The court made no criticism of companies choosing to take a legalistic approach with their regulator where (as here) information obtained during a routine inspection may feed into a parallel enforcement process. However, it did not consider that the public law duty of fairness required the MHRA actively to draw this option to Roche's attention.
It is well-understood that the demands placed on a public authority by the duty of fairness depend on all the circumstances of the case. The duty is mutable - '[w]hat fairness demands is dependent on the context of the decision, and this is to be taken into account in all its aspects' (R (Doody) v Secretary of State for the Home Department  1 AC 531).
Therefore, slight differences in circumstances may mean that fairness requires different steps to be taken. For an example of this in a life sciences context, see the different outcomes in the similar cases of R (Eisai Ltd) v NICE  EWCA Civ 438 and R (Bristol-Myers Squibb Pharmaceuticals Ltd) v NICE  EWHC 2722 (Admin) (on whether fairness required the National Institute for Health and Care Excellence to disclose a fully executable version of a model it had used to inform a decision).

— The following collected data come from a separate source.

-- ===== src/Numbers/Decimal.antt =====
-- Reading back the decimal text of a number.
use better_steam_tools_ameth.Base.{
  ℕ, zero, suc, ◌+◌, ◌*◌, ◌/◌, ◌%◌, ◌<◌, ◌≡◌, ◌≢◌, refl, true, none, some, [], ◌∷◌, ltb,
  if◌then◌else◌, arith, inl, inr, Bool-cases, ◌∙◌, ap,
}
use better_steam_tools_ameth.Base.Text.{Bytes}
use better_steam_tools_ameth.Numbers.{digit_value, is_digit, parse_strict, decimal_onto, decimal}
use better_steam_tools_ameth.Numbers.Exact.{all_digits, value, is_number, parse_strict-is_number}

digit_value-digit : (d : ℕ) → d < 10 → digit_value (b'0' + d) ≡ d
unfolding digit_value
digit_value-digit d h = ground arith

value-digit :
    (v d : ℕ) (out : Bytes) → d < 10 → value 10 v ((b'0' + d) ∷ out) ≡ value 10 (v * 10 + d) out
unfolding value
value-digit v d out h = ap (λ k. value 10 (v * 10 + k) out) (digit_value-digit d h)

value-decimal_onto :
    (fuel n : ℕ) (out : Bytes) → n < fuel → value 10 0 (decimal_onto fuel n out) ≡ value 10 n out
unfolding decimal_onto
value-decimal_onto zero n out h = elim h [ ]
value-decimal_onto (suc fuel) n out h = elim (Bool-cases (ltb n 10)) [
  | inl small ↦
      let e : 0 * 10 + n ≡ n = omega arith in
      rw small (value-digit 0 n out (ground arith) ∙ ap (λ k. value 10 k out) e)
  | inr large ↦
      let e : n / 10 * 10 + n % 10 ≡ n = omega arith in
      rw large (
        value-decimal_onto fuel (n / 10) ((b'0' + n % 10) ∷ out) (ground arith)
        ∙ value-digit (n / 10) (n % 10) out (omega arith)
        ∙ ap (λ k. value 10 k out) e)
]

all_digits-decimal_onto :
    (fuel n : ℕ) (out : Bytes)
    → all_digits 10 out ≡ true
    → all_digits 10 (decimal_onto fuel n out) ≡ true
unfolding all_digits decimal_onto is_digit
all_digits-decimal_onto zero n out h = h
all_digits-decimal_onto (suc fuel) n out h = elim (Bool-cases (ltb n 10)) [
  | inl small ↦ rw (small, digit_value-digit n (ground arith)) (ground arith)
  | inr large ↦ rw large (
      all_digits-decimal_onto fuel (n / 10) ((b'0' + n % 10) ∷ out)
        (rw (digit_value-digit (n % 10) (omega arith)) (ground arith)))
]

decimal_onto-ne-nil : (fuel n c : ℕ) (out : Bytes) → decimal_onto fuel n (c ∷ out) ≢ []
unfolding decimal_onto
decimal_onto-ne-nil zero n c out h = cc
decimal_onto-ne-nil (suc fuel) n c out h =
    ground (arith, decimal_onto-ne-nil fuel (n / 10) (b'0' + n % 10) (c ∷ out))

decimal-ne-nil : (n : ℕ) → decimal n ≢ []
unfolding decimal decimal_onto
decimal-ne-nil n h = ground (arith, decimal_onto-ne-nil n (n / 10) (b'0' + n % 10) [])

pub all_digits-decimal : (n : ℕ) → all_digits 10 (decimal n) ≡ true
unfolding decimal
all_digits-decimal n = all_digits-decimal_onto (suc n) n [] (unfold all_digits in refl)

value-decimal : (n : ℕ) → value 10 0 (decimal n) ≡ n
unfolding decimal
value-decimal n = value-decimal_onto (suc n) n [] (omega arith) ∙ unfold value in refl

is_number-digits :
    (limit : ℕ) (s : Bytes)
    → s ≢ []
    → all_digits 10 s ≡ true
    → is_number 10 limit s ≡ ltb (value 10 0 s) limit
unfolding is_number
is_number-digits limit [] ne h = absurd (ne refl)
is_number-digits limit (c ∷ cs) ne h = rw h refl

-- The strict decimal parser reads the decimal text of every number back if the number fits the
-- type, and refuses it if it does not.
pub parse_strict-decimal :
    (limit n : ℕ) → parse_strict 10 limit (decimal n) ≡ (if ltb n limit then some n else none)
parse_strict-decimal limit n =
    parse_strict-is_number 10 limit (decimal n)
    ∙ rw (
      is_number-digits limit (decimal n) (decimal-ne-nil n) (all_digits-decimal n),
      value-decimal n,
    )

-- Different numbers have different texts.
decimal-injective : (m n : ℕ) → decimal m ≡ decimal n → m ≡ n
decimal-injective m n h = cc (value-decimal m, value-decimal n)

One of the variables which the court took into account in this case was that the size, resources and sophistication of Roche as a commercial organisation supported the conclusion that there had been no unfairness (impliedly because it impacted on what Roche could reasonably be expected to know). The emphasis on this may have been in part because Roche had argued that those present at the re-inspection did not understand the full significance of the link between the re-inspection and the infringement procedure; an argument with which the court did not agree on the evidence.

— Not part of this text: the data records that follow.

-- ===== src/Prediction/Signal.antt =====
-- backend/internal/prediction/trend.go: when a prediction speaks.
use mathlib.Core.Path.{subst}
use dora_metrics_app.Base.{
  ℕ, ◌≡◌, ◌⊎◌, is_some, true, ◌≤◌, String, false, not, ◌&&◌, some, List, [], ◌∷◌, arith, ltb,
  length, keep, count, length-keep, Bool-cases, map, sym, inl, inr, str_eq, if◌then◌else◌,
}
use dora_metrics_app.Float64.{Float64}
use dora_metrics_app.Tier.{is_tier}
use dora_metrics_app.Prediction.Fit.{linear_regression}
use dora_metrics_app.Prediction.Trend.{
  Sample, Prediction, predict, predict_valid, too_few, from_line, last_of, point,
}

module _ {ℓ} {F : Type ℓ} ⦃f : Float64 F⦄ where
  abbrev pub Quiet : Prediction F → Type 0
  Quiet p =
      ((is_some p.will_breach_in_days && not (str_eq p.direction "degrading")) ≡ false)
      × (((str_eq p.direction "degrading" && not (str_eq p.confidence "low")) ≡ true)
          ⊎ (p.reason ≡ some []))

  from_line-Quiet : (l : F × F × F) (p : F × F) (t : String) (n : ℕ) → Quiet (from_line l p t n)
  from_line-Quiet l p t n = (ground arith, ground arith)

module _ {ℓ} (F : Type ℓ) ⦃f : Float64 F⦄ where
  predict_valid-Quiet : (s : List Sample) → 6 ≤ length s → Quiet {F = F} (predict_valid s)
  predict_valid-Quiet [] h = absurd (ground (arith, h))
  predict_valid-Quiet (s ∷ rest) h =
      let last = last_of s rest in
      let line : Prediction F =
        from_line (linear_regression (map (point s.t) (s ∷ rest))) (point s.t last) last.tier
          (length (s ∷ rest)) in
      elim (Bool-cases (ltb (length (s ∷ rest)) 6)) [
        | inl e ↦ absurd (ground (arith, h, e))
        | inr e ↦
            subst (λ b. Quiet {F = F} (if b then too_few (length (s ∷ rest)) else line)) (sym e)
              (from_line-Quiet {F = F} (linear_regression (map (point s.t) (s ∷ rest)))
                (point s.t last) last.tier (length (s ∷ rest)))
      ]

  -- From six samples of known tiers on, a prediction that is not "degrading" has no day of a breach,
  -- and one that is not "degrading" or has low confidence has no reason.
  pub predict-Quiet :
      (samples : List Sample)
      → 6 ≤ count (λ s. is_tier s.tier) samples
      → Quiet {F = F} (predict samples)
  unfolding predict
  predict-Quiet samples h =
      predict_valid-Quiet (keep (λ s. is_tier s.tier) samples)
        (omega (arith, length-keep (λ s. is_tier s.tier) samples))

However, the finding that the relative sophistication of a business is relevant to what is required of the regulator to ensure that the business is treated fairly is an important one.

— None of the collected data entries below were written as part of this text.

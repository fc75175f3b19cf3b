-- ===== src/Prediction/Tests.antt =====
-- A falling project: twelve weekly samples, and one that the prediction leaves out.
use dora_metrics_app.Base.{ℕ, ◌≡◌, refl, ◌*◌, String, some, List, [], ◌∷◌}
use dora_metrics_app.Base.Int.{ℤ, pos}
use dora_metrics_app.Base.Text.{codes}
use dora_metrics_app.Float64.Fixed.{Fixed, fixed_float64}
use dora_metrics_app.Prediction.Trend.{Sample, Prediction, predict}

abbrev at_week : ℕ → ℤ
at_week n = pos (n * 604_800_000_000)

abbrev sample : ℕ → String → Sample
sample n tier = record { t = at_week n; tier = tier }

abbrev falling : List Sample
falling =
    sample 0 "elite"
    ∷ sample 1 "elite"
    ∷ sample 2 "elite"
    ∷ sample 3 "insufficient_data"
    ∷ sample 4 "high"
    ∷ sample 5 "high"
    ∷ sample 6 "high"
    ∷ sample 7 "medium"
    ∷ sample 8 "medium"
    ∷ sample 9 "medium"
    ∷ sample 10 "medium"
    ∷ sample 11 "medium"
    ∷ []

abbrev prediction : Prediction Fixed
prediction = predict falling

falling_direction : prediction.direction ≡ "degrading"
unfolding predict fixed_float64
falling_direction = refl

falling_confidence : prediction.confidence ≡ "high"
unfolding predict fixed_float64
falling_confidence = refl

falling_breach : prediction.will_breach_in_days ≡ some (pos 16)
unfolding predict fixed_float64
falling_breach = refl

abbrev reason_text : String
reason_text =
    "tier vem caindo a 0.22 ranks/semana ao longo de 11 amostras (R²=0.90); projeção: rebaixa em ~16 dias se continuar"

falling_reason : prediction.reason ≡ some (codes reason_text)
unfolding predict fixed_float64
falling_reason = refl

line : List (Fixed × Fixed)
line = (some (pos 0), some (pos 3_000_000)) ∷ (some (pos 1_000_000), some (pos 2_000_000)) ∷ []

For regulated businesses this means that the more substantial and well-resourced the business is the less it can expect by way of legal and procedural assistance from its regulator. To put this in other terms, a business of this nature is expected to assume greater responsibility, and the requirements on the regulator are scaled down accordingly.
Conversely, it follows that regulators should take greater care to ensure that smaller and less well-resourced or sophisticated businesses are aware of relevant matters of procedure. If the requirements of the duty of fairness scale down to some extent for larger regulated entities, they must also logically be greater in the case of smaller businesses.
In the life sciences sector, the majority of companies which have medicinal products approved by the EMA are likely to be relatively sophisticated, but this is not the case for all pharmaceutical companies and is certainly not the case for all businesses in many other regulated sectors. There will be some flex in the regulator's responsibilities, depending upon the circumstances of the company in question.
As to the outcome of the case, there must be a wider policy risk that, if companies do not expect to be warned clearly of how information in an investigation will be used, they will exercise greater caution as a default position and be less open and frank with the regulator than they might otherwise have been. That could be detrimental to the purposes of good regulation.
As well as considering their public law duty of fairness in any given case, regulators might therefore also consider whether going beyond that duty may ultimately be to the advantage of their regulatory regime as a whole.